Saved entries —
━━━━━━━━━━━━━━━━

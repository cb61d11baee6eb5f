-- ===== src/Fs/Path.antt =====
-- kernel/fs/namev.c: lookup, dir_namev and open_namev.
pub mod Split
pub mod Resolve
pub mod Parent
pub mod Open
use weenix_kernel.Base.{
  ℕ, zero, suc, Bool, true, false, ◌&&◌, Option, none, some, List, [], ◌∷◌, ◌==◌, leb,
  if◌then◌else◌, length,
}
use weenix_kernel.Base.Members.{unsnoc_onto}
use weenix_kernel.Base.Outcome.{Outcome, ok, panic, ◌>>=◌, ◌>>◌, kassert, deref}
use weenix_kernel.Fs.Layer.{Errno, enotdir, enoent}
use weenix_kernel.Fs.Calls.{is_directory}
use weenix_kernel.Fs.Names.{Name, Names, Looked, found, failed, NameOps}

abbrev pub slash : ℕ
slash = 47

abbrev pub is_empty {ℓ} : {A : Type ℓ} → List A → Bool
is_empty [] = true
is_empty (x ∷ r) = false

-- strstr: the text from the first place where `needle` starts, or NULL.
abbrev pub starts : Name → Name → Bool
starts [] text = true
starts (c ∷ r) [] = false
starts (c ∷ r) (d ∷ text) = c == d && starts r text

pub strstr : Name → Name → Option Name
strstr [] needle = if starts needle [] then some [] else none
strstr (c ∷ text) needle = if starts needle (c ∷ text) then some (c ∷ text) else strstr text needle

abbrev pub take : ℕ → Name → Name
take n [] = []
take zero (c ∷ r) = []
take (suc n) (c ∷ r) = c ∷ take n r

-- The loop that cuts a path at its slashes: the rest of the component that has begun, and those
-- behind it.
pub split_after : Name → Name × List Name
split_after [] = ([], [])
split_after (c ∷ r) =
    let (cur, more) = split_after r in if c == slash then ([], cur ∷ more) else (c ∷ cur, more)

-- The first component, and the others. The loop starts at the second character: for a path without
-- characters it reads what stands in memory behind the copy of the path, `beyond`, up to a NUL.
unfoldable pub components : Name → Name → Name × List Name
unfolding split_after
components beyond [] = ([], (split_after beyond).1)
components beyond (c ∷ r) = let (cur, more) = split_after r in (c ∷ cur, more)

abbrev pub is_absolute : Name → Bool
is_absolute [] = false
is_absolute (c ∷ r) = c == slash

abbrev pub skip_slash : Name → Name
skip_slash [] = []
skip_slash (c ∷ r) = if c == slash then r else c ∷ r

-- Where the walk starts; `none` is a base of NULL.
abbrev pub start : Name → Option ℕ → Names → ℕ
start path none s = if is_absolute path then s.root else s.cwd
start path (some b) s = if is_absolute path then s.root else b

-- What dir_namev returns: the vnode of the parent, a pointer into the path, and a length.
pub record Place : Type 0 where
  pub parent : ℕ
  pub name : Option Name
  pub len : ℕ

-- A result, or -errno.
pub data Res {ℓ} (A : Type ℓ) : Type ℓ where
  good : A → Res A
  bad : Errno → Res A

abbrev pub placed : Name → Name → Res ℕ × Names → Res Place × Names
placed path last (good v, s) =
    (good (record { parent = v; name = strstr path last; len = length last }), s)
placed path last (bad e, s) = (bad e, s)

abbrev pub is_enoent : Errno → Bool
is_enoent enoent = true
is_enoent _ = false

abbrev pub char_at : ℕ → Name → ℕ
char_at n [] = 0
char_at zero (c ∷ r) = c
char_at (suc n) (c ∷ r) = char_at n r

-- What create returned, with the directory given back.
abbrev pub created : Looked × Names → Res ℕ × Names
created (found v, s) = (good v, s)
created (failed e, s) = (bad e, s)

module _ (ops : NameOps) where
  -- lookup, with a directory that is not NULL.
  unfoldable pub look : ℕ → Name → Names → Looked × Names
  look d n s = elim (ops.lookup d) [ none ↦ (failed enotdir, s) | some f ↦ f n s ]

  abbrev pub put_prev : Option ℕ → Names → Names
  put_prev none s = s
  put_prev (some p) s = ops.vput p s

  -- A round of the loop: with what lookup returned, and with the rest of the loop.
  pub step_into :
      (ℕ → Names → Outcome (Res ℕ × Names)) → Option ℕ → Looked × Names → Outcome (Res ℕ × Names)
  step_into rest prev (failed e, s) = ok (bad e, put_prev prev s)
  step_into rest prev (found v, s) =
      let s' = put_prev prev s in
      if is_directory (s'.kind v) then rest v s' else ok (bad enotdir, ops.vput v s')

  -- The loop over the components but the last.
  pub walk : List Name → ℕ → Option ℕ → Names → Outcome (Res ℕ × Names)
  unfolding look step_into
  walk [] cur prev s = ok (good cur, s)
  walk (n ∷ r) cur prev s =
      let skipped = walk r cur prev s in
      let stepped = step_into (λ v s'. walk r v (some v) s') prev (look cur n s) in
      if is_empty n then skipped else stepped

  -- dir_namev with its components: one, or several.
  pub go_to : Name → ℕ → Name → List Name → Names → Outcome (Res Place × Names)
  unfolding strstr walk unsnoc_onto
  go_to path from first [] s = ok (placed path first (good from, ops.vref from s))
  go_to path from first (m ∷ more) s =
      let (leading, last) = unsnoc_onto first (m ∷ more) in
      walk leading from none s >>= λ r. ok (placed path last r)

  -- The array of components has 50 places.
  unfoldable pub dir_namev : Name → Name → Option ℕ → Names → Outcome (Res Place × Names)
  unfolding components go_to
  dir_namev beyond path base s =
      let (first, more) = components beyond (skip_slash path) in
      kassert (leb (length more) 49) >> go_to path (start path base s) first more s

  -- open_namev behind its lookup. `creates` is flag & O_CREAT.
  opened : Bool → ℕ → Name → ℕ → Looked × Names → Outcome (Res ℕ × Names)
  opened creates d name len (found v, s) =
      if char_at len name == slash && (if is_directory (s.kind v) then false else true)
      then ok (bad enotdir, ops.vput v (ops.vput d s))
      else ok (good v, ops.vput d s)
  opened creates d name len (failed e, s) =
      if creates && is_enoent e
      then (do
        create ← deref (ops.create d)
        let (r, s') = created (create (take len name) s)
        ok (r, ops.vput d s'))
      else ok (bad e, ops.vput d s)

  open_in : Bool → Res Place × Names → Outcome (Res ℕ × Names)
  unfolding look opened
  open_in creates (bad e, s) = ok (bad e, s)
  open_in creates (good place, s) = do
    name ← deref place.name
    if is_empty (take place.len name)
        then ok (good place.parent, s)
        else opened creates place.parent name place.len (look place.parent (take place.len name) s)

  unfoldable pub open_namev : Name → Name → Bool → Option ℕ → Names → Outcome (Res ℕ × Names)
  unfolding dir_namev open_in
  open_namev beyond path creates base s = dir_namev beyond path base s >>= open_in creates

━━━━━━━━━━━━━━━━

Exercise brief —
From the records above, repeat exactly the lines from the one with "let stepped = step_into" through the one with "if char_at len", both included.

Answer box —
      let stepped = step_into (λ v s'. walk r v (some v) s') prev (look cur n s) in
      if is_empty n then skipped else stepped

  -- dir_namev with its components: one, or several.
  pub go_to : Name → ℕ → Name → List Name → Names → Outcome (Res Place × Names)
  unfolding strstr walk unsnoc_onto
  go_to path from first [] s = ok (placed path first (good from, ops.vref from s))
  go_to path from first (m ∷ more) s =
      let (leading, last) = unsnoc_onto first (m ∷ more) in
      walk leading from none s >>= λ r. ok (placed path last r)

  -- The array of components has 50 places.
  unfoldable pub dir_namev : Name → Name → Option ℕ → Names → Outcome (Res Place × Names)
  unfolding components go_to
  dir_namev beyond path base s =
      let (first, more) = components beyond (skip_slash path) in
      kassert (leb (length more) 49) >> go_to path (start path base s) first more s

  -- open_namev behind its lookup. `creates` is flag & O_CREAT.
  opened : Bool → ℕ → Name → ℕ → Looked × Names → Outcome (Res ℕ × Names)
  opened creates d name len (found v, s) =
      if char_at len name == slash && (if is_directory (s.kind v) then false else true)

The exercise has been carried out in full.